### DIRECTIONS FOR THIS TASK
Whenever a line below includes the word "subclass", copy that line.

### DATASET RECORDS
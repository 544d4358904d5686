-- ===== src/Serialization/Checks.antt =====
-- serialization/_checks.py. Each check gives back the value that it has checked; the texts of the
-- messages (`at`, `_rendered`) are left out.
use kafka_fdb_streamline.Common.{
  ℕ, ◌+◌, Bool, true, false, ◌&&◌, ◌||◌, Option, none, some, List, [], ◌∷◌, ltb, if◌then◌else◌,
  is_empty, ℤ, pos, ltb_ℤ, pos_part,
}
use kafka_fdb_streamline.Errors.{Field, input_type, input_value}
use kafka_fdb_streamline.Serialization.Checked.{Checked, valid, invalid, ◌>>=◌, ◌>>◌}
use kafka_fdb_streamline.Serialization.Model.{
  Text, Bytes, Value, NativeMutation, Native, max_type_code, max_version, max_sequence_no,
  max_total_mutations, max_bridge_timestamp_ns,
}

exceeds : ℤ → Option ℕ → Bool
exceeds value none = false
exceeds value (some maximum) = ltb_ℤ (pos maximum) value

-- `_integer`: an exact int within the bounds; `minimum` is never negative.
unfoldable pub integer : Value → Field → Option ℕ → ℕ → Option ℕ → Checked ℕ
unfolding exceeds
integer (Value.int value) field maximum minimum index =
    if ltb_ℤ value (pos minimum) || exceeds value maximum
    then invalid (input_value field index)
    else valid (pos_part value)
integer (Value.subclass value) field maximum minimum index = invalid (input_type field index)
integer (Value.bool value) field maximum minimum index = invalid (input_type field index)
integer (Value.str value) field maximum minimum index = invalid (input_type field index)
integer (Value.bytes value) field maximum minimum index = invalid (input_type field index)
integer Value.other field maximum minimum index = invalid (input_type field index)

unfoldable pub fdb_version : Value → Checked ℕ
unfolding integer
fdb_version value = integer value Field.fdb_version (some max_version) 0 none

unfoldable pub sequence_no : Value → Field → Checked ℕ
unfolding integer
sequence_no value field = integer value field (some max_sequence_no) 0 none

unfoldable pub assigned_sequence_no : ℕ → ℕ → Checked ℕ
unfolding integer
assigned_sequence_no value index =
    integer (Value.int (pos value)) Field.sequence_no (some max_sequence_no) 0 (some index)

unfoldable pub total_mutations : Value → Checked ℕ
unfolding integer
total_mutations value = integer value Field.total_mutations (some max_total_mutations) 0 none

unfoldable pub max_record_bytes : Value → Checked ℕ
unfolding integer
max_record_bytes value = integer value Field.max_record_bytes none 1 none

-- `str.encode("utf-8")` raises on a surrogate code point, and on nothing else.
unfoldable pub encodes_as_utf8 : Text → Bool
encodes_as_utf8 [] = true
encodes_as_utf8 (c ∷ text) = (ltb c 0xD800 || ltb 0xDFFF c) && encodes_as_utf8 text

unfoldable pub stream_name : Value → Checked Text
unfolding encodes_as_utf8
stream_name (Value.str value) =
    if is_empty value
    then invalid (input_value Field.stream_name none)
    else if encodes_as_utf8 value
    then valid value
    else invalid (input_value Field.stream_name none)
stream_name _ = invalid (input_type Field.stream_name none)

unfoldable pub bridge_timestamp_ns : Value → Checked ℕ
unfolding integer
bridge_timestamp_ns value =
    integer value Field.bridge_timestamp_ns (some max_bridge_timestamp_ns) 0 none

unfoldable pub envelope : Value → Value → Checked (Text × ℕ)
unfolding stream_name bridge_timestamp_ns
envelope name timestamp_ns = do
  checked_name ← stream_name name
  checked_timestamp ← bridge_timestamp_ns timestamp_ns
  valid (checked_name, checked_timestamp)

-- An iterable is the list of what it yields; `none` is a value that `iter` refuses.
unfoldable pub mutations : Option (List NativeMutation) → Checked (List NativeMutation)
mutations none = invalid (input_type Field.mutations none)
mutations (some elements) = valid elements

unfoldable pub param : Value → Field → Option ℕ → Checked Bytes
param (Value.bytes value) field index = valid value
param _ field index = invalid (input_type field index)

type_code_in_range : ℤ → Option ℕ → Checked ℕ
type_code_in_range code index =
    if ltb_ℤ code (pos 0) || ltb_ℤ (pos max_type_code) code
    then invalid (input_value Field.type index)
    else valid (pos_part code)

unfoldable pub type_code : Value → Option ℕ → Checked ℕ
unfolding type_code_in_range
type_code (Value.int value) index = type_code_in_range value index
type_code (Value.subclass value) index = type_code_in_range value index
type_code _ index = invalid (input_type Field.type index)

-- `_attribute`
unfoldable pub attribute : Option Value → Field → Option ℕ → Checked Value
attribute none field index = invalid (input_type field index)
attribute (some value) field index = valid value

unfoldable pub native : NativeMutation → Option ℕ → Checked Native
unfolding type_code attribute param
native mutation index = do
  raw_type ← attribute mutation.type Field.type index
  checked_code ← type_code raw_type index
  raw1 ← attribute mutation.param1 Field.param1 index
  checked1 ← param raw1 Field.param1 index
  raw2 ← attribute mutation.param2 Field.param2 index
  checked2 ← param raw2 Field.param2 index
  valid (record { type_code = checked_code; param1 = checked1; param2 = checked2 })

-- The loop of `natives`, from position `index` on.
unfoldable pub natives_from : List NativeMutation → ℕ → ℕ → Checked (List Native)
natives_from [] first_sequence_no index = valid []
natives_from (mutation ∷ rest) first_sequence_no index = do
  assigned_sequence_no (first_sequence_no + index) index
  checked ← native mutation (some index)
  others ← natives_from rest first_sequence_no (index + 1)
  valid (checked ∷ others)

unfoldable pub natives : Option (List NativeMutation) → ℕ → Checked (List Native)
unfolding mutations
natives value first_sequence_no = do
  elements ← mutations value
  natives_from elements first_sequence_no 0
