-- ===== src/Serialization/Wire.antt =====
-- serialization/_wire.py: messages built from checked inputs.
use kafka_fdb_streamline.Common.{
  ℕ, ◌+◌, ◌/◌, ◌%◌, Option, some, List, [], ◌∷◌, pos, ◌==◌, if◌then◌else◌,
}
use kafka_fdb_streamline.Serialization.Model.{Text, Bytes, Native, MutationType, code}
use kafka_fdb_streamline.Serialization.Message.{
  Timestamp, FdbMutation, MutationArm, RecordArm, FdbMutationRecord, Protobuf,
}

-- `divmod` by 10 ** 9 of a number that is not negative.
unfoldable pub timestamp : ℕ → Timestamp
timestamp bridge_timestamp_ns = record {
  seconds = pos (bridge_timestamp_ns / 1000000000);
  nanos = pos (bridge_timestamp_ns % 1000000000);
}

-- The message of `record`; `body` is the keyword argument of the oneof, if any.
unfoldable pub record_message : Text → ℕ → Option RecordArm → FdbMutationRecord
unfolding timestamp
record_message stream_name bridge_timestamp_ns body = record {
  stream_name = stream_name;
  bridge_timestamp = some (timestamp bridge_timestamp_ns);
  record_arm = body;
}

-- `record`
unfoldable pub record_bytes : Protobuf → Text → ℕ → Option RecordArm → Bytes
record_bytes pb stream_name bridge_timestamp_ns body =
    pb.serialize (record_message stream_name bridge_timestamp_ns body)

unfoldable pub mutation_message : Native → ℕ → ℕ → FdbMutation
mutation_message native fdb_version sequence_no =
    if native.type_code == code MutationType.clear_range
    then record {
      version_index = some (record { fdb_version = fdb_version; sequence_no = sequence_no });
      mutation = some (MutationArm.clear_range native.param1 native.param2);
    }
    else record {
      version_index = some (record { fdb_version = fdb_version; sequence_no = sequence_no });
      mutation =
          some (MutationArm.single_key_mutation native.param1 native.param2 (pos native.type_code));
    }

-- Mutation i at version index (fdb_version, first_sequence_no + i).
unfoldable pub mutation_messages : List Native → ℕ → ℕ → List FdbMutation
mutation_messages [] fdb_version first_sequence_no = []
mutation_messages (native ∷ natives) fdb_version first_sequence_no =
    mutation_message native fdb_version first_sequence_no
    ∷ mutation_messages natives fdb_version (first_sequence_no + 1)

### EXERCISE RESULT
integer (Value.subclass value) field maximum minimum index = invalid (input_type field index)
type_code (Value.subclass value) index = type_code_in_range value index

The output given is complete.